Implementing a single, stable national currency could mitigate these risks by reducing the financial incentives that enable illicit trade, improving market transparency, and facilitating more effective law enforcement. By curbing drug and alcohol abuse, Zimbabwe could recover lost labour productivity, reduce avoidable healthcare spending, and create a safer, more stable environment for economic activity.
Prevention and Efficiency: Maximising Economic Returns
Preventive health interventions offer some of the highest returns on investment. Cost-effective measures, such as vaccination campaigns, hypertension control, alcohol and tobacco taxation, and community health outreach, reduce mortality, enhance workforce productivity, and reduce government spending on expensive acute care. Nigeria’s alcohol and sugar taxes generated immediate fiscal revenue while curbing harmful consumption, demonstrating the dual benefits of prevention.
Efficiency in healthcare delivery further amplifies economic gains. Rwanda’s digital supply chain management reduced medicine stockouts and operational costs, while AI-driven predictive analytics in the UK cut hospital admissions by up to 70%, generating significant savings. For Zimbabwe, targeted investment in digital health, primary care, and preventive services could expand access, reduce waste, and increase the ROI of NDS2 health spending.

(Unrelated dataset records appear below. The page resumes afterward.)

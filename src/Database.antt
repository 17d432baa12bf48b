-- ===== src/Database.antt =====
-- The state that a request of internal/services works on, and the actions over it: the tables, the
-- shared store, and the effects that leave the process (audit rows, mail, metrics).
-- A database call may fail: `faults` says of each call, in the order in which they are made,
-- whether it does, and a call that fails has changed nothing.
pub mod Table
pub mod Frame
pub mod Rows
pub mod Example
use finn_api_go.Prelude.{
  ℕ, ◌+◌, ◌≡◌, refl, String, Bool, true, false, Option, none, some, List, [], ◌∷◌, arith,
  if◌then◌else◌,
}
use finn_api_go.Models.{
  User, Session, RefreshToken, UsedToken, Tenant, AccessRevocation, TotpDevice, RecoveryCode, Role,
  Permission, AuditLog, OauthIdentity, PasskeyCredential, TrustedDevice, WebhookEndpoint,
  WebhookDelivery,
}
use finn_api_go.Store.{InMemoryStore}

-- The sentinel errors of internal/services/errors.go and of the repositories; `database` is any
-- other error of the database.
pub data Error : Type 0 where
  identity_unavailable invalid_input password_too_weak invalid_credentials invalid_token : Error
  invalid_code account_locked account_disabled email_not_verified sudo_required : Error
  captcha_required user_not_found totp_unrecoverable session_not_found email_exists : Error
  username_exists password_already_set disposable_email password_breached rate_limited : Error
  inactive record_not_found token_already_revoked recovery_code_used duplicate_key : Error
  oauth_state_invalid oauth_email_not_verified oauth_code_exchange_failed : Error
  oauth_token_verification_failed oauth_not_configured oauth_email_taken : Error
  cannot_unlink_only_method passkey_challenge passkey_credential_revoked : Error
  passkey_not_configured ceremony cannot_lock_self : Error
  webhook_ssrf_blocked invalid_webhook_url webhook_failed encoding network : Error
  database hashing signing sealing delivery generating : Error

pub data Result {ℓ} (A : Type ℓ) : Type ℓ where
  ok : A → Result A
  err : Error → Result A

-- A message handed to the notifier.
pub data Mail : Type 0 where
  password_reset email_verification : String → String → Mail
  new_login_alert : String → String → String → Mail
  duplicate_register_alert : String → Mail
  security_alert : String → String → Mail

-- internal/services/auth_metrics.go
pub record Metrics : Type 0 where
  pub login_successes : ℕ
  pub login_failures : ℕ
  pub refresh_rotations : ℕ
  pub token_reuse_detections : ℕ
  pub totp_failures : ℕ

pub record World : Type 0 where
  pub users : List User
  pub sessions : List Session
  pub refresh_tokens : List RefreshToken
  pub used_tokens : List UsedToken
  pub tenants : List Tenant
  pub access_revocations : List AccessRevocation
  pub totp_devices : List TotpDevice
  pub recovery_codes : List RecoveryCode
  pub roles : List Role
  pub permissions : List Permission
  -- role and permission, user and role
  pub role_permissions : List (ℕ × ℕ)
  pub user_roles : List (ℕ × ℕ)
  pub oauth_identities : List OauthIdentity
  pub passkeys : List PasskeyCredential
  pub trusted_devices : List TrustedDevice
  pub webhook_endpoints : List WebhookEndpoint
  pub webhook_deliveries : List WebhookDelivery
  pub store : Option InMemoryStore
  pub audits : List AuditLog
  pub mails : List Mail
  pub metrics : Metrics
  pub faults : List Bool
  -- How many random values have been drawn, and ids given to rows.
  pub draws : ℕ
  pub next_id : ℕ

abbrev pub Action {ℓ} : Type ℓ → Type ℓ
Action A = World → Result A × World

abbrev pub ⊤ : Type 0
⊤ = Unit

module _ {ℓ} {A : Type ℓ} where
  abbrev pub pure : A → Action A
  pure a w = (ok a, w)

  abbrev pub raise : Error → Action A
  raise e w = (err e, w)

  abbrev pub gets : (World → A) → Action A
  gets f w = (ok (f w), w)

  -- The result as a value: `if err := …; err != nil`.
  abbrev pub attempt : Action A → Action (Result A)
  attempt m w = let (r, w') = m w in (ok r, w')

  abbrev pub from_result : Result A → Action A
  from_result r w = (r, w)

abbrev pub modify : (World → World) → Action ⊤
modify f w = (ok tt, f w)

infixl 5 ◌>>=◌ ◌>>◌
abbrev pub ◌>>=◌ {ℓ κ} : {A : Type ℓ} {B : Type κ} → Action A → (A → Action B) → Action B
◌>>=◌ m f w = let (r, w') = m w in elim r [ ok a ↦ f a w' | err e ↦ (err e, w') ]

abbrev pub ◌>>◌ {ℓ κ} : {A : Type ℓ} {B : Type κ} → Action A → Action B → Action B
m >> k = m >>= λ _. k

-- `_ = f()`: what the call did stays, its error is dropped.
abbrev pub ignore {ℓ} : {A : Type ℓ} → Action A → Action ⊤
ignore m w = (ok tt, (m w).1)

abbrev pub raise_if : Bool → Error → Action ⊤
raise_if c e w = (if c then err e else ok tt, w)

abbrev pub when : Bool → Action ⊤ → Action ⊤
when c m = if c then m else pure tt

abbrev pub head_fault : List Bool → Bool
head_fault [] = false
head_fault (b ∷ bs) = b

abbrev pub tail_faults : List Bool → List Bool
tail_faults [] = []
tail_faults (b ∷ bs) = bs

-- One call of the database: whether it fails.
unfoldable pub query : Action ⊤
query w = (
  if head_fault w.faults then err database else ok tt,
  record w { faults = tail_faults w.faults },
)

-- `Transaction`: an error undoes what the calls before it wrote, in whatever table.
unfoldable pub transaction {ℓ} : {A : Type ℓ} → Action A → Action A
transaction m w =
    let (r, w') = m w in
    elim r [ ok a ↦ (ok a, w') | err e ↦ (err e, record w { faults = w'.faults }) ]

module _ {ℓ κ} {A : Type ℓ} {B : Type κ} where
  -- Inversion of a successful bind.
  pub >>=-eq-ok :
      (m : Action A) (f : A → Action B) (w : World) {b : B} {w'' : World}
      → (m >>= f) w ≡ (ok b, w'')
      → (a : A) × (w' : World) × (m w ≡ (ok a, w')) × (f a w' ≡ (ok b, w''))
  >>=-eq-ok m f w {b} {w''} h = go (m w) refl h
    where
      go :
          (p : Result A × World)
          → m w ≡ p
          → (let (r, w') = p in elim r [ ok a ↦ f a w' | err e ↦ (err e, w') ]) ≡ (ok b, w'')
          → (a : A) × (w' : World) × (m w ≡ (ok a, w')) × (f a w' ≡ (ok b, w''))
      go (ok a, w') e h = (a, w', e, h)
      go (err x, w') e h = cc
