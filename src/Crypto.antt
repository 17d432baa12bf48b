-- ===== src/Crypto.antt =====
-- internal/crypto/crypto.go: texts sealed under one key. AES-256-GCM, base64 and the random source
-- are parameters; the cipher takes a text for its bytes.
pub mod RoundTrip
pub mod Tests
use Prim.Native.Char.{Char}
use finn_api_go.Prelude.{
  ℕ, ◌+◌, ◌==◌, String, Bool, Option, none, some, List, ◌++◌, ltb, length, take, drop,
  if◌then◌else◌,
}
use finn_api_go.Database.{Action, ◌>>=◌, pure, raise, sealing}

-- A byte is the character of that number.
abbrev pub Byte : Type 0
Byte = Char

abbrev pub key_len : ℕ
key_len = 32

abbrev pub nonce_len : ℕ
nonce_len = 12

-- `cipher.AEAD` by nonce, `base64.StdEncoding`, and `io.ReadFull` of the random source by the number
-- of the draw and the count of bytes.
pub record AeadLib : Type 0 where
  pub seal : List Byte → String → List Byte
  pub open_sealed : List Byte → List Byte → Option String
  pub overhead : ℕ
  pub encode_to_string : List Byte → String
  pub decode_string : String → Option (List Byte)
  pub read_full : ℕ → ℕ → Option (List Byte)

-- `NewEncryptor`: whether a key of this many bytes gives one.
unfoldable pub new_encryptor : {A : Type 0} → (List Byte → A) → List Byte → Option A
new_encryptor make key = if length key == key_len then some (make key) else none

module _ (lib : AeadLib) where
  -- internal/hash: `GenerateRandomBytes`
  unfoldable pub generate_random_bytes : ℕ → Action (List Byte)
  generate_random_bytes n w = elim (lib.read_full w.draws n) [
    | none ↦ (raise sealing (record w { draws = w.draws + 1 }))
    | some bytes ↦ pure bytes (record w { draws = w.draws + 1 })
  ]

  -- `Encrypt`: the nonce goes in front.
  unfoldable pub encrypt : String → Action String
  encrypt plaintext = do
    nonce ← generate_random_bytes nonce_len
    pure (lib.encode_to_string (nonce ++ lib.seal nonce plaintext))

  -- `Decrypt`
  unfoldable pub decrypt : String → Option String
  decrypt encoded = elim (lib.decode_string encoded) [
    | none ↦ none
    | some raw ↦
        if ltb (length raw) (nonce_len + lib.overhead)
        then none
        else lib.open_sealed (take nonce_len raw) (drop nonce_len raw)
  ]
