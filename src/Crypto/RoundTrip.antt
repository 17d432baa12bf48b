-- ===== src/Crypto/RoundTrip.antt =====
-- What internal/crypto seals it opens again.
use finn_api_go.Prelude.{
  ℕ, ◌+◌, ◌≡◌, ◌≤◌, ap, sym, ◌∙◌, Option-cases, inl, inr, String, some, List, ◌++◌, length,
  length-append, take, drop, take-append, drop-append, arith,
}
use finn_api_go.Database.{World, ok}
use finn_api_go.Crypto.{Byte, AeadLib, nonce_len, generate_random_bytes, encrypt, decrypt}

-- What the code relies on: the cipher opens what it sealed under the same nonce and adds its tag,
-- base64 decodes what it encoded, and a full read has as many bytes as were asked for.
pub record IsSealing (lib : AeadLib) : Type 0 where
  pub opens : (nonce : List Byte) (p : String) → lib.open_sealed nonce (lib.seal nonce p) ≡ some p
  pub tagged : (nonce : List Byte) (p : String) → lib.overhead ≤ length (lib.seal nonce p)
  pub decodes : (raw : List Byte) → lib.decode_string (lib.encode_to_string raw) ≡ some raw
  pub full : (i n : ℕ) (raw : List Byte) → lib.read_full i n ≡ some raw → length raw ≡ n

module _ (lib : AeadLib) (laws : IsSealing lib) where
  sealed-opens :
      (nonce : List Byte) (p : String)
      → length nonce ≡ nonce_len
      → decrypt lib (lib.encode_to_string (nonce ++ lib.seal nonce p)) ≡ some p
  unfolding decrypt
  sealed-opens nonce p n =
      let c = lib.seal nonce p in
      let raw = nonce ++ c in
      let front : take nonce_len raw ≡ nonce = ap (λ k. take k raw) (sym n) ∙ take-append nonce c in
      let back : drop nonce_len raw ≡ c = ap (λ k. drop k raw) (sym n) ∙ drop-append nonce c in
      let long : nonce_len + lib.overhead ≤ length raw =
        omega (arith, laws.tagged nonce p, length-append nonce c, n) in
      ground (arith, laws.decodes raw, laws.opens nonce p, front, back, long)

  -- Whatever text `Encrypt` has sealed, `Decrypt` gives back.
  pub decrypt-encrypt :
      (p sealed : String) (w : World)
      → (encrypt lib p w).0 ≡ ok sealed
      → decrypt lib sealed ≡ some p
  unfolding encrypt generate_random_bytes
  decrypt-encrypt p sealed w h = elim (Option-cases (lib.read_full w.draws nonce_len)) [
    | inl n ↦ ground (arith, n)
    | inr (nonce, e) ↦
        let opened = sealed-opens nonce p (laws.full w.draws nonce_len nonce e) in
        let same : sealed ≡ lib.encode_to_string (nonce ++ lib.seal nonce p) = ground (arith, e) in
        ap (decrypt lib) same ∙ opened
  ]
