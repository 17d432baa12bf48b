-- ===== src/Database/Example.antt =====
-- A small state of the database for the tests.
use finn_api_go.Prelude.{true, false, none, some, [], ◌∷◌}
use finn_api_go.Models.{User, Session, RefreshToken}
use finn_api_go.Store.{new_in_memory_store}
use finn_api_go.Database.{World}

abbrev pub ada : User
ada = record {
  id = 7;
  tenant_id = "acme";
  username = "ada";
  email = "ada@example.org";
  password = "hash:lovelace1";
  full_name = "Ada";
  role = "user";
  is_active = true;
  is_email_verified = true;
  failed_login_attempts = 4;
  locked_until = none;
  auth_epoch = 0;
  admin_suspended = false;
  pwd_version = 3;
}

abbrev pub laptop : Session
laptop = record {
  id = "s1";
  tenant_id = "acme";
  user_id = 7;
  ip_address = "";
  user_agent = "";
  device_name = "";
  location_estimate = "";
  revoked = false;
  last_active_at = 0;
  expires_at = 1000;
}

abbrev pub token_row : RefreshToken
token_row = record {
  id = 1;
  user_id = 7;
  token_hash = "sha:tok";
  expires_at = 1000;
  revoked = false;
  ip_address = "";
  user_agent = "";
  device_name = "";
  location_estimate = "";
  last_active_at = 0;
  session_id = "s1";
}

abbrev pub acme : World
acme = record {
  users = ada ∷ [];
  sessions = laptop ∷ record laptop { id = "s2" } ∷ [];
  refresh_tokens =
      token_row ∷ record token_row { id = 2; token_hash = "sha:other"; session_id = "s2" } ∷ [];
  used_tokens = [];
  tenants = record { id = "acme"; is_active = true } ∷ [];
  access_revocations = [];
  totp_devices = [];
  recovery_codes = [];
  roles = [];
  permissions = [];
  role_permissions = [];
  user_roles = [];
  oauth_identities = [];
  passkeys = [];
  trusted_devices = [];
  webhook_endpoints = [];
  webhook_deliveries = [];
  store = some new_in_memory_store;
  audits = [];
  mails = [];
  metrics = record {
    login_successes = 0;
    login_failures = 0;
    refresh_rotations = 0;
    token_reuse_detections = 0;
    totp_failures = 0;
  };
  faults = [];
  draws = 0;
  next_id = 10;
}
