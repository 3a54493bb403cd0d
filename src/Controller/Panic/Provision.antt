-- ===== src/Controller/Panic/Provision.antt =====
-- The panics of handleProvisionClaim.
use lib_bucket_provisioner.Cluster.Calls.{update_bucket_status}
use lib_bucket_provisioner.Base.{true, Text, Option, none, some, ◌≡◌, inl}
use lib_bucket_provisioner.V1alpha1.{ObjectBucketClaim, ObjectBucket, StorageClass, empty_bucket}
use lib_bucket_provisioner.Cluster.Error.{Message, failure, empty_object_bucket}
use lib_bucket_provisioner.Cluster.Event.{bucket_status_updated, provisioned, granted}
use lib_bucket_provisioner.Cluster.Env.{Env}
use lib_bucket_provisioner.Cluster.Monad.{blame_result, World, raise}
use lib_bucket_provisioner.Cluster.Triple.{
  Triple-weaken, Triple-blame_result, Ending, error, crash, Triple-bind, Triple-call,
  Triple-map_error, Triple-if, Triple-pure, Triple-raise, Triple-deref,
}
use lib_bucket_provisioner.Cluster.Calm.{Calm-map_error, Calm, calm, OnCrash, Anyhow, Calm-Triple}
use lib_bucket_provisioner.Cluster.Ordered.{Any, Any-map}
use lib_bucket_provisioner.Helpers.Lookups.{
  claim_for_key, claim_ref_for_key, is_new_bucket_by_storage_class,
}
use lib_bucket_provisioner.Helpers.Names.{compose_bucket_name, generate_bucket_name}
use lib_bucket_provisioner.Handlers.Calm as handlers
use lib_bucket_provisioner.Handlers.Update.{store_claim, update_object_bucket_claim_phase}
use lib_bucket_provisioner.Controller.Resources.{Controller}
use lib_bucket_provisioner.Controller.Provision.{
  set_obc_meta_fields, choose_bucket_name, store_bucket_name, non_empty, run_provisioner,
  save_connection, save_bucket, bind_claim, handle_provision_claim, bucket_options,
}
use lib_bucket_provisioner.Controller.Panic.{
  NilPointer, Explained, BucketRead, Given, Given-NilPointer, From, GivenIn, given-provisioned,
  given-granted, get_ob_from_key-From, err_if_modified-Explained,
}

module _ {E : Env} where
  choose_bucket_name-Calm :
      (class : StorageClass) (obc : ObjectBucketClaim) → Calm (choose_bucket_name {E = E} class obc)
  unfolding choose_bucket_name compose_bucket_name generate_bucket_name
  choose_bucket_name-Calm class obc = search calm depth 9

  store_bucket_name-Calm :
      (obc : ObjectBucketClaim) (name : Text) → Calm (store_bucket_name {E = E} obc name)
  unfolding store_bucket_name store_claim
  store_bucket_name-Calm obc name = search calm

  -- How a status update has ended.
  abbrev StatusUpdated : Ending → World E → Type 0
  StatusUpdated error w = (E.status_result_nil ≡ true) → Any (NilPointer E) w.trace
  StatusUpdated crash w = Any (NilPointer E) w.trace

  StatusUpdated-OnCrash :
      (x : Ending) (w : World E) → StatusUpdated x w → OnCrash (Any (NilPointer E)) x w
  StatusUpdated-OnCrash error w h = tt
  StatusUpdated-OnCrash crash w h = h

  status_result-Explained :
      (msg : Message) (sent : ObjectBucket)
      → Explained {E = E}
          (Anyhow tt)
          (blame_result E.status_result_nil msg (update_bucket_status sent))
          Anyhow
  status_result-Explained msg sent =
      Triple-weaken {R' = StatusUpdated}
        (Triple-blame_result E.status_result_nil msg (λ w n h. h n)
          (Triple-call _ (bucket_status_updated sent) (λ w a s p e. tt) (λ w x s p e n. inl n)))
        (λ w p. p) (λ a w q. q) StatusUpdated-OnCrash

  save_bucket-Explained :
      (c : Controller) (key : Text) (obc : ObjectBucketClaim) (class : StorageClass)
      (ob : ObjectBucket)
      → Explained {E = E} (Anyhow tt) (save_bucket c key obc class ob) Anyhow
  unfolding save_bucket claim_ref_for_key claim_for_key
  save_bucket-Explained c key obc class ob =
      Triple-bind {Q' = Anyhow} (Calm-Triple _ (search calm depth 8)) λ ref.
        Triple-bind {Q' = Anyhow}
          (Calm-Triple _ (Calm-map_error _ (handlers.create_or_update_object_bucket-Calm _)))
          λ saved. status_result-Explained _ _

  bind_claim-Calm :
      (obc : ObjectBucketClaim) (ob : ObjectBucket) (name : Text)
      → Calm (bind_claim {E = E} obc ob name)
  unfolding bind_claim store_claim update_object_bucket_claim_phase
  bind_claim-Calm obc ob name = search calm depth 8

  set_obc_meta_fields-Calm :
      (c : Controller) (obc : ObjectBucketClaim) → Calm (set_obc_meta_fields {E = E} c obc)
  unfolding set_obc_meta_fields store_claim
  set_obc_meta_fields-Calm c obc = search calm

  non_empty-Given :
      (ob : Option ObjectBucket)
      → Explained {E = E} (λ w. GivenIn ob w.trace) (non_empty ob) (λ ob w. Any (Given ob) w.trace)
  unfolding non_empty
  non_empty-Given none = Triple-raise _ (λ w a. tt)
  non_empty-Given (some ob) =
      Triple-if (E.semantic_equal ob empty_bucket) {m = raise (failure empty_object_bucket)}
        (λ _. Triple-raise _ (λ w a. tt)) (λ _. Triple-pure _ (λ w a. a))

  run_provisioner-Given :
      (obc : ObjectBucketClaim) (ob : Option ObjectBucket) (class : StorageClass) (name : Text)
      → Explained {E = E}
          (Anyhow tt)
          (run_provisioner obc ob class name)
          (λ ob w. Any (Given ob) w.trace)
  unfolding run_provisioner bucket_options
  run_provisioner-Given obc ob class name =
      Triple-bind {Q' = Anyhow} (Calm-Triple _ (search calm)) λ id.
        Triple-bind {Q' = λ provided w. GivenIn provided w.trace}
          (Triple-map_error _ (
            Triple-if (is_new_bucket_by_storage_class class)
              (λ _.
                Triple-call _ (provisioned (bucket_options obc class name id))
                  (λ w a s k e. given-provisioned _ a w.trace) (λ w a s k e. tt))
              (λ _.
                Triple-call _ (granted (bucket_options obc class name id))
                  (λ w a s k e. given-granted _ a w.trace) (λ w a s k e. tt))))
          non_empty-Given

  save_connection-Explained :
      (c : Controller) (obc : ObjectBucketClaim) (ob : ObjectBucket)
      → Explained {E = E} (λ w. Any (Given ob) w.trace) (save_connection c obc ob) Anyhow
  unfolding save_connection
  save_connection-Explained c obc ob =
      Triple-bind {Q' = Anyhow}
        (Triple-deref ob.spec.connection (λ a w e p. tt)
          (λ w e p. Any-map w.trace (λ x. Given-NilPointer E ob x e) p))
        λ connection. Calm-Triple _ (
          search (
            calm, handlers.create_or_update_secret-Calm, handlers.create_or_update_config_map-Calm,
          ))

  pub handle_provision_claim-Explained :
      (c : Controller) (key : Text) (given : ObjectBucketClaim) (class : StorageClass)
      → Explained {E = E} (Anyhow tt) (handle_provision_claim c key given class) Anyhow
  unfolding handle_provision_claim
  handle_provision_claim-Explained c key given class =
      Triple-bind {Q' = Anyhow} (Calm-Triple _ (set_obc_meta_fields-Calm c given)) λ marked.
        Triple-bind {Q' = From BucketRead} (Triple-map_error _ (get_ob_from_key-From key)) λ ob.
          Triple-bind {Q' = Anyhow} (err_if_modified-Explained ob marked) λ _.
            Triple-bind {Q' = Anyhow} (Calm-Triple _ (choose_bucket_name-Calm class marked)) λ name.
              Triple-bind {Q' = Anyhow} (Calm-Triple _ (store_bucket_name-Calm marked name)) λ obc.
                Triple-bind {Q' = λ ob w. Any (Given ob) w.trace}
                  (run_provisioner-Given obc ob class name)
                  λ provided.
                    Triple-bind {Q' = Anyhow} (save_connection-Explained c obc provided) λ _.
                      Triple-bind {Q' = Anyhow} (save_bucket-Explained c key obc class provided)
                        λ saved. Calm-Triple _ (bind_claim-Calm obc saved name)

Multisectoral Action: Health as a Development Driver
Health investments create ripple effects across sectors. Improved water, sanitation, transport, and education contribute to higher labour participation and stronger economic outcomes. Finland’s “Health in All Policies” initiative illustrates how multisectoral alignment enables tangible returns in productivity, school attendance, and fiscal stability.
For Zimbabwe, embedding health in NDS2 allows for coordinated investment in infrastructure, education, and industrial development. For example, healthier children attend school more consistently, producing a better-trained workforce for the future, while healthier adults maintain higher productivity, directly supporting industrialisation targets and export competitiveness.
Projected Economic Impact
Modelling the potential benefits of improved health outcomes combined with reduced substance abuse suggests that Zimbabwe could achieve a 4–6% increase in GDP over the next decade. Reduced absenteeism, enhanced labour participation, and fewer healthcare costs could generate an additional $1–2 billion in annual economic output, depending on the scale of interventions. Implementing a stable national currency, coupled with strong preventive health measures, could further accelerate these gains by reducing illicit trade and improving market efficiency.
Globally, similar approaches have yielded returns of fourfold to sixfold on health investments, as seen in Southeast Asia and parts of Latin America. Regionally, investments in public health in Rwanda, Kenya, and South Africa have demonstrated that even low- and middle-income countries can achieve substantial economic returns when health and development policy are aligned.
Conclusion: Health as a Pillar of NDS2
Health is not a peripheral issue; it is central to economic growth, human capital development, and social stability. By integrating preventive health, early-life interventions, multisectoral coordination, and efforts to curb drug and alcohol abuse into NDS2, Zimbabwe can unlock significant economic and social benefits. A healthy population is a productive population, and productivity underpins industrialisation, export growth, and fiscal resilience. In this context, investments in health represent one of the highest-yield economic strategies Zimbabwe can pursue.